Exercise prompt:
This exercise calls for an exact copy of the listing below.

Records for this task:
-- ===== src/Grades/Students/Load.antt =====
-- What the commands read of a file that one call of `read` brings whole.
use system_related_in_c.Base.{
  ℕ, zero, suc, ◌+◌, ◌≤◌, ◌<◌, ◌≡◌, refl, true, Option, none, some, List, [], ◌∷◌, ◌++◌, arith,
  append-nil, append_assoc, length, length-append, take, take-all, drop-all, take-append, inl, inr,
  Bool-cases, ==_iff, ne_of_==, ltb, ◌==◌,
}
use system_related_in_c.Grades.Text.{Str, newline, until_nul, tokens}
use system_related_in_c.Grades.Text.Split.{length-tokens-le, length-until_nul-le}
use system_related_in_c.Grades.Students.{
  Student, ◌>>=◌, scan_student, add_scanned, store_line, store_lines, reads, store_reads, load,
  store_lines_to_five, store_reads_to_five, load_to_five,
}

-- The students that lines hold, in order.
unfoldable pub scanned : List Str → List Student
scanned [] = []
scanned (line ∷ lines) = add_scanned [] (scan_student line) ++ scanned lines

-- The students of a file, by its lines.
abbrev pub students_of : Str → List Student
students_of file = scanned (tokens newline (until_nul file))

add_scanned-append :
    (students : List Student) (o : Option Student)
    → add_scanned students o ≡ students ++ add_scanned [] o
add_scanned-append students none = rw append-nil
add_scanned-append students (some s) = refl

length-add_scanned-le :
    (students : List Student) (o : Option Student)
    → length (add_scanned students o) ≤ length students + 1
length-add_scanned-le students none = omega arith
length-add_scanned-le students (some s) = omega (arith, length-append {0} students (s ∷ []))

-- The array takes what its size allows.
store_lines-scanned :
    (students : List Student) (lines : List Str)
    → length students + length lines ≤ 1000
    → store_lines students lines ≡ some (students ++ scanned lines)
unfolding store_lines store_line scanned
store_lines-scanned students [] fits = rw append-nil
store_lines-scanned students (l ∷ ls) fits = rw (
  ltb_room,
  store_lines-scanned (add_scanned students (scan_student l)) ls
      (omega (arith, length-add_scanned-le students (scan_student l))),
  add_scanned-append students (scan_student l),
  append_assoc,
)
  where
    ltb_room : ltb (length students) 1000 ≡ true
    ltb_room = ground arith

reads-nil : (k : ℕ) → reads k [] ≡ []
unfolding reads
reads-nil zero = refl
reads-nil (suc k) = refl

reads-small :
    (c : ℕ) (s : Str) → length (c ∷ s) ≤ 999 → reads (length (c ∷ s)) (c ∷ s) ≡ (c ∷ s) ∷ []
unfolding reads
reads-small c s le = rw (take-all 999 (c ∷ s) le, drop-all 999 (c ∷ s) le, reads-nil)

load_lem : (file : Str) → load file ≡ store_reads [] (reads (length file) file)
unfolding load
load_lem file = refl

load_to_five_lem :
    (file : Str) → load_to_five file ≡ store_reads_to_five [] (reads (length file) file)
unfolding load_to_five
load_to_five_lem file = refl

>>=-some : {A : Type 0} (m : Option A) → (m >>= λ a. some a) ≡ m
>>=-some none = refl
>>=-some (some a) = refl

store_reads-one :
    (part : Str) → store_reads [] (part ∷ []) ≡ store_lines [] (tokens newline (until_nul part))
unfolding store_reads
store_reads-one part = >>=-some (store_lines [] (tokens newline (until_nul part)))

store_reads_to_five-one :
    (part : Str)
    → store_reads_to_five [] (part ∷ []) ≡ store_lines_to_five [] (tokens newline (until_nul part))
unfolding store_reads_to_five
store_reads_to_five-one part = >>=-some (store_lines_to_five [] (tokens newline (until_nul part)))

-- A file of at most 999 bytes is read as the students of its lines, and the array has room.
pub load_small : (file : Str) → length file ≤ 999 → load file ≡ some (students_of file)
load_small [] small = unfold load scanned tokens in refl
load_small (c ∷ s) small = rw (
  load_lem,
  reads-small c s small,
  store_reads-one,
  store_lines-scanned [] (tokens newline (until_nul (c ∷ s)))
      (omega (arith, length-tokens-le newline (until_nul (c ∷ s)), length-until_nul-le (c ∷ s))),
)

store_lines_to_five-take :
    (students : List Student) (lines : List Str)
    → length students < 5
    → store_lines_to_five students lines ≡ some (take 5 (students ++ scanned lines))
unfolding store_lines_to_five store_line scanned
store_lines_to_five-take students [] few = rw (append-nil, take-all 5 students (omega arith))
store_lines_to_five-take students (l ∷ ls) few = elim (Bool-cases (length more == 5)) [
  | inl five ↦
      rw (ltb_room, five, shape, take-append 5 more (scanned ls) ((==_iff (length more) 5).0 five))
  | inr less ↦
      rw (ltb_room, less, shape)
        (store_lines_to_five-take more ls
          (omega (arith, ne_of_== less, length-add_scanned-le students (scan_student l))))
]
  where
    more : List Student
    more = add_scanned students (scan_student l)

    ltb_room : ltb (length students) 1000 ≡ true
    ltb_room = ground arith

    shape : students ++ (add_scanned [] (scan_student l) ++ scanned ls) ≡ more ++ scanned ls
    shape = rw (add_scanned-append students (scan_student l), append_assoc)

-- Of a file of at most 999 bytes, the loop that stops at five reads the first five students of
-- its lines, or all if it has fewer.
pub load_to_five_small :
    (file : Str) → length file ≤ 999 → load_to_five file ≡ some (take 5 (students_of file))
load_to_five_small [] small = unfold load_to_five scanned tokens in refl
load_to_five_small (c ∷ s) small = rw (
  load_to_five_lem,
  reads-small c s small,
  store_reads_to_five-one,
  store_lines_to_five-take [] (tokens newline (until_nul (c ∷ s))) (omega arith),
)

Reply:
-- ===== src/Grades/Students/Load.antt =====
-- What the commands read of a file that one call of `read` brings whole.
use system_related_in_c.Base.{
  ℕ, zero, suc, ◌+◌, ◌≤◌, ◌<◌, ◌≡◌, refl, true, Option, none, some, List, [], ◌∷◌, ◌++◌, arith,
  append-nil, append_assoc, length, length-append, take, take-all, drop-all, take-append, inl, inr,
  Bool-cases, ==_iff, ne_of_==, ltb, ◌==◌,
}
use system_related_in_c.Grades.Text.{Str, newline, until_nul, tokens}
use system_related_in_c.Grades.Text.Split.{length-tokens-le, length-until_nul-le}
use system_related_in_c.Grades.Students.{
  Student, ◌>>=◌, scan_student, add_scanned, store_line, store_lines, reads, store_reads, load,
  store_lines_to_five, store_reads_to_five, load_to_five,
}

-- The students that lines hold, in order.
unfoldable pub scanned : List Str → List Student
scanned [] = []
scanned (line ∷ lines) = add_scanned [] (scan_student line) ++ scanned lines

-- The students of a file, by its lines.
abbrev pub students_of : Str → List Student
students_of file = scanned (tokens newline (until_nul file))

add_scanned-append :
    (students : List Student) (o : Option Student)
    → add_scanned students o ≡ students ++ add_scanned [] o
add_scanned-append students none = rw append-nil
add_scanned-append students (some s) = refl

length-add_scanned-le :
    (students : List Student) (o : Option Student)
    → length (add_scanned students o) ≤ length students + 1
length-add_scanned-le students none = omega arith
length-add_scanned-le students (some s) = omega (arith, length-append {0} students (s ∷ []))

-- The array takes what its size allows.
store_lines-scanned :
    (students : List Student) (lines : List Str)
    → length students + length lines ≤ 1000
    → store_lines students lines ≡ some (students ++ scanned lines)
unfolding store_lines store_line scanned
store_lines-scanned students [] fits = rw append-nil
store_lines-scanned students (l ∷ ls) fits = rw (
  ltb_room,
  store_lines-scanned (add_scanned students (scan_student l)) ls
      (omega (arith, length-add_scanned-le students (scan_student l))),
  add_scanned-append students (scan_student l),
  append_assoc,
)
  where
    ltb_room : ltb (length students) 1000 ≡ true
    ltb_room = ground arith

reads-nil : (k : ℕ) → reads k [] ≡ []
unfolding reads
reads-nil zero = refl
reads-nil (suc k) = refl

reads-small :
    (c : ℕ) (s : Str) → length (c ∷ s) ≤ 999 → reads (length (c ∷ s)) (c ∷ s) ≡ (c ∷ s) ∷ []
unfolding reads
reads-small c s le = rw (take-all 999 (c ∷ s) le, drop-all 999 (c ∷ s) le, reads-nil)

load_lem : (file : Str) → load file ≡ store_reads [] (reads (length file) file)
unfolding load
load_lem file = refl

load_to_five_lem :
    (file : Str) → load_to_five file ≡ store_reads_to_five [] (reads (length file) file)
unfolding load_to_five
load_to_five_lem file = refl

>>=-some : {A : Type 0} (m : Option A) → (m >>= λ a. some a) ≡ m
>>=-some none = refl
>>=-some (some a) = refl

store_reads-one :
    (part : Str) → store_reads [] (part ∷ []) ≡ store_lines [] (tokens newline (until_nul part))
unfolding store_reads
store_reads-one part = >>=-some (store_lines [] (tokens newline (until_nul part)))

store_reads_to_five-one :
    (part : Str)
    → store_reads_to_five [] (part ∷ []) ≡ store_lines_to_five [] (tokens newline (until_nul part))
unfolding store_reads_to_five
store_reads_to_five-one part = >>=-some (store_lines_to_five [] (tokens newline (until_nul part)))

-- A file of at most 999 bytes is read as the students of its lines, and the array has room.
pub load_small : (file : Str) → length file ≤ 999 → load file ≡ some (students_of file)
load_small [] small = unfold load scanned tokens in refl
load_small (c ∷ s) small = rw (
  load_lem,
  reads-small c s small,
  store_reads-one,
  store_lines-scanned [] (tokens newline (until_nul (c ∷ s)))
      (omega (arith, length-tokens-le newline (until_nul (c ∷ s)), length-until_nul-le (c ∷ s))),
)

store_lines_to_five-take :
    (students : List Student) (lines : List Str)
    → length students < 5
    → store_lines_to_five students lines ≡ some (take 5 (students ++ scanned lines))
unfolding store_lines_to_five store_line scanned
store_lines_to_five-take students [] few = rw (append-nil, take-all 5 students (omega arith))
store_lines_to_five-take students (l ∷ ls) few = elim (Bool-cases (length more == 5)) [
  | inl five ↦
      rw (ltb_room, five, shape, take-append 5 more (scanned ls) ((==_iff (length more) 5).0 five))
  | inr less ↦
      rw (ltb_room, less, shape)
        (store_lines_to_five-take more ls
          (omega (arith, ne_of_== less, length-add_scanned-le students (scan_student l))))
]
  where
    more : List Student
    more = add_scanned students (scan_student l)

    ltb_room : ltb (length students) 1000 ≡ true
    ltb_room = ground arith

    shape : students ++ (add_scanned [] (scan_student l) ++ scanned ls) ≡ more ++ scanned ls
    shape = rw (add_scanned-append students (scan_student l), append_assoc)

-- Of a file of at most 999 bytes, the loop that stops at five reads the first five students of
-- its lines, or all if it has fewer.
pub load_to_five_small :
    (file : Str) → length file ≤ 999 → load_to_five file ≡ some (take 5 (students_of file))
load_to_five_small [] small = unfold load_to_five scanned tokens in refl
load_to_five_small (c ∷ s) small = rw (
  load_to_five_lem,
  reads-small c s small,
  store_reads_to_five-one,
  store_lines_to_five-take [] (tokens newline (until_nul (c ∷ s))) (omega arith),
)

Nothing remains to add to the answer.